=== Exercise prompt ===
Reproduce all the entries beneath this sentence exactly.

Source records
┌──

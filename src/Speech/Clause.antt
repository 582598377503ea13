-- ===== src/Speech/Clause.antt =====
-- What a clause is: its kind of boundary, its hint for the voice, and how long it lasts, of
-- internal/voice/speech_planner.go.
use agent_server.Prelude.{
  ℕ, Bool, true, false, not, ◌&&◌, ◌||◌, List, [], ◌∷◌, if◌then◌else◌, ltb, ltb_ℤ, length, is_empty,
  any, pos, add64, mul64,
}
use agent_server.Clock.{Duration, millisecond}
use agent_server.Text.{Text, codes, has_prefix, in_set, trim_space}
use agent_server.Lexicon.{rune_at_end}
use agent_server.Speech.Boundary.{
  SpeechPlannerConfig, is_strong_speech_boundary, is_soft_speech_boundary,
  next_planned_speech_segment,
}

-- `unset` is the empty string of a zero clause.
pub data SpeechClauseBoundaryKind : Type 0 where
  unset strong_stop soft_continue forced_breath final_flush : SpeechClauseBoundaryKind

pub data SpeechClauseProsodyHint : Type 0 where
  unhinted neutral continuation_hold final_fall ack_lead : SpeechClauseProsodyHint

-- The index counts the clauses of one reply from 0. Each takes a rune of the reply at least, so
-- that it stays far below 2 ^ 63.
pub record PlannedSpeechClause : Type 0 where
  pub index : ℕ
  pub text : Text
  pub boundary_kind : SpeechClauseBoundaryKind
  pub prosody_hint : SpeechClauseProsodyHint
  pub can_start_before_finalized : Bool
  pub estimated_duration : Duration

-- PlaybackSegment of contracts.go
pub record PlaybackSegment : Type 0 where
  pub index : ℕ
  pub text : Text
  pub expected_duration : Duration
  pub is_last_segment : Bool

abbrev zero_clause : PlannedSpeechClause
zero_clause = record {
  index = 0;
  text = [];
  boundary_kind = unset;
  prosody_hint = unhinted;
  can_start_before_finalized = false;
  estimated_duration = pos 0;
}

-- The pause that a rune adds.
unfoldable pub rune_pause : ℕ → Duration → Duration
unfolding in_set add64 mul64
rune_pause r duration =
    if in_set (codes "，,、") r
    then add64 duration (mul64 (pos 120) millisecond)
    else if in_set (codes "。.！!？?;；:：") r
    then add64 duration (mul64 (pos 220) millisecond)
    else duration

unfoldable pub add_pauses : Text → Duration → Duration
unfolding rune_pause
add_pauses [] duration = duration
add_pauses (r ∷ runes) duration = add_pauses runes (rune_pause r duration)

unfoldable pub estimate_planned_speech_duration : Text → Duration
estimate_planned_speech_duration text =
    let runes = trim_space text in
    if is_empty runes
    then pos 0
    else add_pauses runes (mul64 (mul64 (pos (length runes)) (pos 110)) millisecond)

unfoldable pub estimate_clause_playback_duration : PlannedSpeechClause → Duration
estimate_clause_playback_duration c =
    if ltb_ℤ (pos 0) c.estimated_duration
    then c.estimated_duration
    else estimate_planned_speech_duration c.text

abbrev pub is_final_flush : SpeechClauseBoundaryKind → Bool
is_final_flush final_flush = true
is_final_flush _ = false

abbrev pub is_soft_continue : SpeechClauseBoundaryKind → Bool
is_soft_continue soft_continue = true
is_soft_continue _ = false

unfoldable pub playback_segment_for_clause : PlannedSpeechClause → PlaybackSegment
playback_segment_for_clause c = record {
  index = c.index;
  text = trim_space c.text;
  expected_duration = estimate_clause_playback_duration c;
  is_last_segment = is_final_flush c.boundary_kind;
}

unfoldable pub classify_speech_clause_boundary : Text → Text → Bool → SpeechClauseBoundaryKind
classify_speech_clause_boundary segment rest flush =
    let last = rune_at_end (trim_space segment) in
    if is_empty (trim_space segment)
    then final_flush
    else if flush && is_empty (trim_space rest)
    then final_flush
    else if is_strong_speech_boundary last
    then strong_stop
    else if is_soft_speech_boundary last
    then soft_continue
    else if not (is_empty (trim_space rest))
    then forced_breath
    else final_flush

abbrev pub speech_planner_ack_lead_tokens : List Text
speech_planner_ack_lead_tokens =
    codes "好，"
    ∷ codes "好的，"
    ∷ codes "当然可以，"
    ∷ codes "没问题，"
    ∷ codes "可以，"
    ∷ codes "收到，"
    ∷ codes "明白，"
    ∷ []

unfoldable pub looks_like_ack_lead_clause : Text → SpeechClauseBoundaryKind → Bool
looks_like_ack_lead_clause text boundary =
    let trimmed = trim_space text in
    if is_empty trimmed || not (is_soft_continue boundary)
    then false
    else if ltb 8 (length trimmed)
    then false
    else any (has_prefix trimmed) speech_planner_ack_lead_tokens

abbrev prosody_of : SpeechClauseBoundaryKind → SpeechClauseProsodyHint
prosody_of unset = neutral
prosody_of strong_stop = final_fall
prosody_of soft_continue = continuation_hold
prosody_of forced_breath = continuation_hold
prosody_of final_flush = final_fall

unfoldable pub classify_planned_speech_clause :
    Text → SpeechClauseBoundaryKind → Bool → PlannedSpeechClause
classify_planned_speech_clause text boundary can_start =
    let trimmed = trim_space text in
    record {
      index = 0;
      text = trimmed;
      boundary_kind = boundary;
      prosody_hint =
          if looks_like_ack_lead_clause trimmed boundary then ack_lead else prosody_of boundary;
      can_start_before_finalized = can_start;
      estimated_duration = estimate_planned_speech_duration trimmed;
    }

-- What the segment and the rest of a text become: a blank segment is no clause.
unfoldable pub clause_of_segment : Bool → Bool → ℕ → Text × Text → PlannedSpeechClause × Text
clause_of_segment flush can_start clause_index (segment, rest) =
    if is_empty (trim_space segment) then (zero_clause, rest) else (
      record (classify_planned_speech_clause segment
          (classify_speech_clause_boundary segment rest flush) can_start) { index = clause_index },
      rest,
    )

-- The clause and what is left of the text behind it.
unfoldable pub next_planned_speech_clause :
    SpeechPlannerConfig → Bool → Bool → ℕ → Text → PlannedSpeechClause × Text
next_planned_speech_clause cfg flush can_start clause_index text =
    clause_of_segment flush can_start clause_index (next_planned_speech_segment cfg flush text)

└──

=== Finished exercise ===
filename src/Speech/Clause.antt
repository 582598377503ea13
-- ===== src/Speech/Clause.antt =====
-- What a clause is: its kind of boundary, its hint for the voice, and how long it lasts, of
-- internal/voice/speech_planner.go.
use agent_server.Prelude.{
  ℕ, Bool, true, false, not, ◌&&◌, ◌||◌, List, [], ◌∷◌, if◌then◌else◌, ltb, ltb_ℤ, length, is_empty,
  any, pos, add64, mul64,
}
use agent_server.Clock.{Duration, millisecond}
use agent_server.Text.{Text, codes, has_prefix, in_set, trim_space}
use agent_server.Lexicon.{rune_at_end}
use agent_server.Speech.Boundary.{
  SpeechPlannerConfig, is_strong_speech_boundary, is_soft_speech_boundary,
  next_planned_speech_segment,
}

-- `unset` is the empty string of a zero clause.
pub data SpeechClauseBoundaryKind : Type 0 where
  unset strong_stop soft_continue forced_breath final_flush : SpeechClauseBoundaryKind

pub data SpeechClauseProsodyHint : Type 0 where
  unhinted neutral continuation_hold final_fall ack_lead : SpeechClauseProsodyHint

-- The index counts the clauses of one reply from 0. Each takes a rune of the reply at least, so
-- that it stays far below 2 ^ 63.
pub record PlannedSpeechClause : Type 0 where
  pub index : ℕ
  pub text : Text
  pub boundary_kind : SpeechClauseBoundaryKind
  pub prosody_hint : SpeechClauseProsodyHint
  pub can_start_before_finalized : Bool
  pub estimated_duration : Duration

-- PlaybackSegment of contracts.go
pub record PlaybackSegment : Type 0 where
  pub index : ℕ
  pub text : Text
  pub expected_duration : Duration
  pub is_last_segment : Bool

abbrev zero_clause : PlannedSpeechClause
zero_clause = record {
  index = 0;
  text = [];
  boundary_kind = unset;
  prosody_hint = unhinted;
  can_start_before_finalized = false;
  estimated_duration = pos 0;
}

-- The pause that a rune adds.
unfoldable pub rune_pause : ℕ → Duration → Duration
unfolding in_set add64 mul64
rune_pause r duration =
    if in_set (codes "，,、") r
    then add64 duration (mul64 (pos 120) millisecond)
    else if in_set (codes "。.！!？?;；:：") r
    then add64 duration (mul64 (pos 220) millisecond)
    else duration

unfoldable pub add_pauses : Text → Duration → Duration
unfolding rune_pause
add_pauses [] duration = duration
add_pauses (r ∷ runes) duration = add_pauses runes (rune_pause r duration)

unfoldable pub estimate_planned_speech_duration : Text → Duration
estimate_planned_speech_duration text =
    let runes = trim_space text in
    if is_empty runes
    then pos 0
    else add_pauses runes (mul64 (mul64 (pos (length runes)) (pos 110)) millisecond)

unfoldable pub estimate_clause_playback_duration : PlannedSpeechClause → Duration
estimate_clause_playback_duration c =
    if ltb_ℤ (pos 0) c.estimated_duration
    then c.estimated_duration
    else estimate_planned_speech_duration c.text

abbrev pub is_final_flush : SpeechClauseBoundaryKind → Bool
is_final_flush final_flush = true
is_final_flush _ = false

abbrev pub is_soft_continue : SpeechClauseBoundaryKind → Bool
is_soft_continue soft_continue = true
is_soft_continue _ = false

unfoldable pub playback_segment_for_clause : PlannedSpeechClause → PlaybackSegment
playback_segment_for_clause c = record {
  index = c.index;
  text = trim_space c.text;
  expected_duration = estimate_clause_playback_duration c;
  is_last_segment = is_final_flush c.boundary_kind;
}

unfoldable pub classify_speech_clause_boundary : Text → Text → Bool → SpeechClauseBoundaryKind
classify_speech_clause_boundary segment rest flush =
    let last = rune_at_end (trim_space segment) in
    if is_empty (trim_space segment)
    then final_flush
    else if flush && is_empty (trim_space rest)
    then final_flush
    else if is_strong_speech_boundary last
    then strong_stop
    else if is_soft_speech_boundary last
    then soft_continue
    else if not (is_empty (trim_space rest))
    then forced_breath
    else final_flush

abbrev pub speech_planner_ack_lead_tokens : List Text
speech_planner_ack_lead_tokens =
    codes "好，"
    ∷ codes "好的，"
    ∷ codes "当然可以，"
    ∷ codes "没问题，"
    ∷ codes "可以，"
    ∷ codes "收到，"
    ∷ codes "明白，"
    ∷ []

unfoldable pub looks_like_ack_lead_clause : Text → SpeechClauseBoundaryKind → Bool
looks_like_ack_lead_clause text boundary =
    let trimmed = trim_space text in
    if is_empty trimmed || not (is_soft_continue boundary)
    then false
    else if ltb 8 (length trimmed)
    then false
    else any (has_prefix trimmed) speech_planner_ack_lead_tokens

abbrev prosody_of : SpeechClauseBoundaryKind → SpeechClauseProsodyHint
prosody_of unset = neutral
prosody_of strong_stop = final_fall
prosody_of soft_continue = continuation_hold
prosody_of forced_breath = continuation_hold
prosody_of final_flush = final_fall

unfoldable pub classify_planned_speech_clause :
    Text → SpeechClauseBoundaryKind → Bool → PlannedSpeechClause
classify_planned_speech_clause text boundary can_start =
    let trimmed = trim_space text in
    record {
      index = 0;
      text = trimmed;
      boundary_kind = boundary;
      prosody_hint =
          if looks_like_ack_lead_clause trimmed boundary then ack_lead else prosody_of boundary;
      can_start_before_finalized = can_start;
      estimated_duration = estimate_planned_speech_duration trimmed;
    }

-- What the segment and the rest of a text become: a blank segment is no clause.
unfoldable pub clause_of_segment : Bool → Bool → ℕ → Text × Text → PlannedSpeechClause × Text
clause_of_segment flush can_start clause_index (segment, rest) =
    if is_empty (trim_space segment) then (zero_clause, rest) else (
      record (classify_planned_speech_clause segment
          (classify_speech_clause_boundary segment rest flush) can_start) { index = clause_index },
      rest,
    )

-- The clause and what is left of the text behind it.
unfoldable pub next_planned_speech_clause :
    SpeechPlannerConfig → Bool → Bool → ℕ → Text → PlannedSpeechClause × Text
next_planned_speech_clause cfg flush can_start clause_index text =
    clause_of_segment flush can_start clause_index (next_planned_speech_segment cfg flush text)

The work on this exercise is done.